C4 burns with a yellow flame, but inside the yellow flame are streaks of blue. For this reason we would shape the C4 into a mushroom and light it. The blue streaks would go straight up from the top of the mushroom shape, but from the bottom of the mushroom shape, the blue streaks would bend up. remember, we didn’t have anything to distract us (two books in my entire company)and had to find our entertainment where we could.

If you manipulated the C4 too long, some chemical would cross the barrier of skin and give you a glorious headache.

I wonder who was the brave soul who first thought about: “hey, how about we heat the soup burning a stick of this powerfull explosive?” :dubious:

How powerful an explosive is Semtex in comparison with dynamite? Also, is it the same thing as plastic explosives/plastique that I occasionally hear about in the movies?
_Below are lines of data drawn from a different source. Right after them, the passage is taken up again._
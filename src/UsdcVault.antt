-- ===== src/UsdcVault.antt =====
-- contracts/usdc-vault/src/lib.rs: the vault that holds USDC for the bridge.
pub mod Vault
pub mod Accounts
pub mod Reserve
pub mod Tests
As an aside, explosives don’t generate a great deal of flame. Movies tend to show explosions with a big fireball, but real world explosives go off with their energy directed toward high pressure gas.

Another nitpick it wasn’t the Chicago stock exchange. It was the Chicago commodities exchange. Stocks are traded on the New York Stock Exchange (NYSE), the American Stock Exchange (AMEX) and electronically through the National Association of Security Dealer’s Automated Quotation service (NASDAQ) Over-the-Counter (O-T-C).

I watched the episode and found it to be a bit lame. Especially the part with the bees in the missile silo. Hey, networks are trying to entertain us and keep things vague enough not to jepardize national security at the same time.

I believe the headache is caused by the nitroglycerine. I read an article a while back (Discover?) where the journalist went to an explosives factory. The same effect (dialiation of blood vessels?) that makes it useful in heart medication gives you a headache. Apparently the workers get used to it.

The only other thing I remember about the article is that doors in those places are big and swing outwards.

In general, Semtex is nearly identical as C4 in power. There are various grades of Semtex, which basically have different levels of PETN in the mix. It is generally a bit more sensitive than C4, and can be worked a little bit easier, but overall, it’s the same stuff as far as use. And yes, Semtex or C4 is usually what is being used when people mention “plastique” as they are the most common.